Hello. I jumped in the CNC world last October and I have been a passionate enthusiast since... I often watch videos of DIY CNCs and experiment with new things. Myfirst CNC project (highly recommend to take a look) was quite a success (but had a few issues) and this made me think that I need to try more complicated things. The inspiration came from this guy and his pcb maker:
I though I could make something that useful and decent. Not just a proof-of-concept laser engraver with quite pour quality...
I made my motivation drink:
and started designing my new CNC...
Step 1: Deciding Basic Things Before Starting...
First of all: the budget... It was around 10 euros... And the available space to store the new machine was about 0 m³.
That meant that the only option was to repurpose my old laser CNC. I took it apart in minutes and decided which parts to keep for my new build. This way I designed the new CNC to be compatible with the last one when it comes to parts.
I kept the wooden parts of the frame, the motors (those 28bjt-48), the rack and pinion set up, and the fan.
Also remaking a CNC gave me so much opportunity to do many things differently than the last time, knowing what works well and what doesn't...
So lets move one to the Design...
Step 2: LInear Actuator Experiments...
The first thing that didn't quite worked last time was the pipe drives. They didn't flush fit, so (while they were doing there work) they allowed vibration to the XY axis. The result of this was curly laser lines...
I didn't like this... Not one bit... So I got drawer slides. They were SO much more stable! and costed about 2 euros a pair.
I tried a nylon string setup as the moving mechanism.
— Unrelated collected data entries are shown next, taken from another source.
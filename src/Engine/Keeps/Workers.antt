-- ===== src/Engine/Keeps/Workers.antt =====
-- The methods of admission.rs, workers.rs and lifecycle.rs keep every invariant.
use zhir.Prelude.{ℕ, String, Bool, true, false, Option, none, some, List, [], ◌∷◌}
use zhir.Error.{Error, Result, ok, err}
use zhir.Value.{Json}
use zhir.Resource.{ResourceRef}
use zhir.Operation.{OperationOwner, OperationRecord}
use zhir.Operation
use zhir.History.Entry.{Hashing}
use zhir.Run.{Suspension}
use zhir.Engine.State.{ApprovalDecision, Engine, SealedMedia, Task, ToolExecution, Work}
use zhir.Engine.State as Held
use zhir.Engine.Action.{RunStore, Environment}
use zhir.Engine.Admission.{
  begin_task, spawn_tool, start_allowed, decide, decide_all, admit_decisions, admitted, rebind,
  recover_owned, recover_all, recover_operations,
}
use zhir.Engine.Workers.{
  start_failed, started, session_ended, session_failed, lose, reply_settled, reply_done, suspend_on,
  seal_ready, handle_work, note_started, handle,
}
use zhir.Engine.Lifecycle.{
  WorkStatus, complete_run, finish_or_drain, wait_or_stay, finish_or_wait, advance_run, commit_end,
  settle_run,
}
use zhir.Engine.Keeps.{Keeps, Keeps-bind, keeps, changes, IsInvariant}
use zhir.Engine.Keeps.Operations.{
  finish_at-Keeps, operation_event-Keeps, unknown-Keeps, local_operation_update-Keeps,
  install_operation-Keeps,
}
use zhir.Engine.Keeps.Commands.{
  check-Keeps, generate-Keeps, prepare_command-Keeps, seal_cursor-Keeps, suspend-Keeps,
}
use zhir.Engine.Keeps.Events.{model_event-Keeps}

module _ {V S : Type 0} ⦃j : Json V⦄ ⦃hashing : Hashing V⦄ ⦃store : RunStore V S⦄
    ⦃environment : Environment V⦄ {P : Engine V S → Type 0} (inv : IsInvariant P) where
  begin_task-Keeps : (id : String) (task : Task V) → Keeps P (begin_task {S = S} id task)
  begin_task-Keeps id task = search changes

  spawn_tool-Keeps : (id : String) (task : Task V) → Keeps P (spawn_tool {S = S} id task)
  unfolding spawn_tool
  spawn_tool-Keeps id task = search (keeps, check-Keeps, begin_task-Keeps)

  start_allowed-Keeps :
      (id : String) (operation : OperationRecord V) → Keeps P (start_allowed id operation)
  unfolding start_allowed
  start_allowed-Keeps id operation = search (changes, check-Keeps, spawn_tool-Keeps) depth 9

  decide-Keeps :
      (id : String) (operation : Option (OperationRecord V)) (decision : ApprovalDecision V)
      → Keeps P (decide id operation decision)
  decide-Keeps id none decision = search keeps
  decide-Keeps id (some operation) Held.allow = search start_allowed-Keeps
  decide-Keeps id (some operation) (Held.deny _) = search (keeps, finish_at-Keeps)
  decide-Keeps id (some operation) (Held.suspend _) = search keeps

  decide_all-Keeps :
      (decisions : List (String × ApprovalDecision V)) → Keeps P (decide_all decisions)
  unfolding decide_all
  decide_all-Keeps [] = search keeps
  decide_all-Keeps ((id, decision) ∷ decisions) =
      let rest : Keeps P (decide_all decisions) = decide_all-Keeps decisions in
      search (keeps, decide-Keeps)

  admit_decisions-Keeps :
      (bindings : List String) (decisions : List (ApprovalDecision V))
      (suspension : Option (Suspension V))
      → Keeps P (admit_decisions bindings decisions suspension)
  admit_decisions-Keeps bindings decisions none = search decide_all-Keeps
  admit_decisions-Keeps bindings decisions (some _) = search changes

  admitted-Keeps :
      (bindings : List String) (answer : Result (List (ApprovalDecision V)))
      → Keeps P (admitted bindings answer)
  unfolding admitted
  admitted-Keeps bindings answer = search (changes, admit_decisions-Keeps)

  rebind-Keeps :
      (operation : OperationRecord V) (bound : Result (Unit {0})) → Keeps P (rebind operation bound)
  rebind-Keeps operation (ok _) = search spawn_tool-Keeps
  rebind-Keeps operation (err _) = search unknown-Keeps

  recover_owned-Keeps :
      (operation : OperationRecord V) (owner : OperationOwner)
      → Keeps P (recover_owned operation owner)
  recover_owned-Keeps operation Operation.delegation =
      search (keeps, begin_task-Keeps, unknown-Keeps)
  recover_owned-Keeps operation (Operation.runtime_tool _) = search (keeps, rebind-Keeps)
  recover_owned-Keeps operation (Operation.provider _) = search keeps

  recover_all-Keeps :
      (operations : List (String × OperationRecord V)) → Keeps P (recover_all operations)
  unfolding recover_all
  recover_all-Keeps [] = search keeps
  recover_all-Keeps ((_, operation) ∷ operations) =
      Keeps-bind _ _ (recover_owned-Keeps operation operation.owner)
        λ recovered. recover_all-Keeps operations

  pub recover_operations-Keeps : Keeps P recover_operations
  unfolding recover_operations
  recover_operations-Keeps = search (keeps, recover_all-Keeps)

  start_failed-Keeps :
      (id : String) (cancelling : Bool) (error : Error) → Keeps P (start_failed id cancelling error)
  start_failed-Keeps id true Error.cancelled = search finish_at-Keeps
  start_failed-Keeps id false Error.cancelled = search unknown-Keeps
  start_failed-Keeps id cancelling (Error.uncertain _) = search unknown-Keeps
  start_failed-Keeps id cancelling (Error.storage _) = search unknown-Keeps
  start_failed-Keeps id cancelling (Error.conflict _ _) = search unknown-Keeps
  start_failed-Keeps id cancelling (Error.protocol _) = search unknown-Keeps
  start_failed-Keeps id cancelling Error.deadline = search unknown-Keeps
  start_failed-Keeps id cancelling _ = search finish_at-Keeps

  started-Keeps :
      (id : String) (execution : Result (ToolExecution V)) → Keeps P (started id execution)
  unfolding started
  started-Keeps id (ok (Held.finished _)) = search finish_at-Keeps
  started-Keeps id (ok (Held.active _)) = search install_operation-Keeps
  started-Keeps id (err _) = search (keeps, start_failed-Keeps)

  session_ended-Keeps : Keeps P session_ended
  unfolding session_ended
  session_ended-Keeps = search (keeps, suspend-Keeps)

  session_failed-Keeps : (error : Error) → Keeps P (session_failed error)
  unfolding session_failed
  session_failed-Keeps error = search (keeps, suspend-Keeps)

  lose-Keeps : (id reason : String) → Keeps P (lose id reason)
  unfolding lose
  lose-Keeps id reason = search (keeps, unknown-Keeps)

  reply_settled-Keeps :
      (id : String) (result : Result (Unit {0})) → Keeps P (reply_settled id result)
  reply_settled-Keeps id (ok _) = search local_operation_update-Keeps
  reply_settled-Keeps id (err _) = search unknown-Keeps

  reply_done-Keeps : (id : String) (result : Result (Unit {0})) → Keeps P (reply_done id result)
  unfolding reply_done
  reply_done-Keeps id result = search (changes, reply_settled-Keeps)

  suspend_on-Keeps : (result : Result (Unit {0})) → Keeps P (suspend_on result)
  suspend_on-Keeps (ok _) = search keeps
  suspend_on-Keeps (err _) = search suspend-Keeps

  seal_ready-Keeps :
      (direction : String) (epoch : ℕ) (segment : SealedMedia) (reference : ResourceRef V)
      → Keeps P (seal_ready direction epoch segment reference)
  unfolding seal_ready
  seal_ready-Keeps direction epoch segment reference = search (keeps, seal_cursor-Keeps)

  handle_work-Keeps : (item : Work V) → Keeps P (handle_work item)
  unfolding handle_work
  handle_work-Keeps (Held.model (ok (some _))) = search model_event-Keeps
  handle_work-Keeps (Held.model (ok none)) = search session_ended-Keeps
  handle_work-Keeps (Held.model (err _)) = search session_failed-Keeps
  handle_work-Keeps (Held.started _ _) = search started-Keeps
  handle_work-Keeps (Held.cancel_failed _ _) = search lose-Keeps
  handle_work-Keeps (Held.operation _ (ok (some _))) = search operation_event-Keeps
  handle_work-Keeps (Held.operation _ (ok none)) = search lose-Keeps
  handle_work-Keeps (Held.operation _ (err _)) = search lose-Keeps
  handle_work-Keeps (Held.admitted _ _) = search admitted-Keeps
  handle_work-Keeps (Held.media_ready _ _) = search (keeps, seal_ready-Keeps)
  handle_work-Keeps (Held.input_ready _ _) = search seal_ready-Keeps
  handle_work-Keeps (Held.input_sent _) = search (changes, suspend_on-Keeps)
  handle_work-Keeps Held.media_done = search changes
  handle_work-Keeps (Held.reply_done _ _) = search reply_done-Keeps
  handle_work-Keeps (Held.progress _ _) = search changes
  handle_work-Keeps (Held.media_error _) = search keeps
  handle_work-Keeps (Held.command_sent _) = search (changes, suspend_on-Keeps)

  note_started-Keeps : (item : Work V) → Keeps P (note_started {S = S} item)
  note_started-Keeps (Held.started _ _) = search changes
  note_started-Keeps _ = search keeps

  pub handle-Keeps : (item : Work V) → Keeps P (handle item)
  unfolding handle
  handle-Keeps item = search (keeps, note_started-Keeps, handle_work-Keeps)

  complete_run-Keeps : Keeps P complete_run
  unfolding complete_run
  complete_run-Keeps = search changes

  finish_or_drain-Keeps : Keeps P finish_or_drain
  unfolding finish_or_drain
  finish_or_drain-Keeps = search (keeps, complete_run-Keeps, prepare_command-Keeps) depth 9

  wait_or_stay-Keeps : (e : Engine V S) (status : WorkStatus) → Keeps P (wait_or_stay e status)
  wait_or_stay-Keeps e status = search (keeps, suspend-Keeps)

  finish_or_wait-Keeps :
      (e : Engine V S) (status : WorkStatus) (moved : Bool)
      → Keeps P (finish_or_wait e status moved)
  finish_or_wait-Keeps e status true = search keeps
  finish_or_wait-Keeps e status false = search wait_or_stay-Keeps

  pub advance_run-Keeps : Keeps P advance_run
  unfolding advance_run
  advance_run-Keeps =
      search
        (keeps, generate-Keeps, finish_or_drain-Keeps, finish_or_wait-Keeps, wait_or_stay-Keeps)
        depth 9

  commit_end-Keeps : (error : Error) → Keeps P (commit_end {S = S} error)
  unfolding commit_end
  commit_end-Keeps error = search changes

  pub settle_run-Keeps : (result : Result (Unit {0})) → Keeps P (settle_run {S = S} result)
  settle_run-Keeps (ok _) = search keeps
  settle_run-Keeps (err (Error.storage _)) = search keeps
  settle_run-Keeps (err (Error.conflict _ _)) = search keeps
  settle_run-Keeps (err _) = search commit_end-Keeps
It worked but put so much strain to the motor and driver it finally fried the Easy Driver board...
Here you can see it work (before the cooking):
It was a weak (but working solution) till it did that damage to my property. After that it got ultimately scraped...
I returned to my trusty rack and pinion axis...
Step 3: The Y Axis
I suddenly remembered assembling an IKEA thing some days ago. It included some shelf corners (is this the name) that I never used.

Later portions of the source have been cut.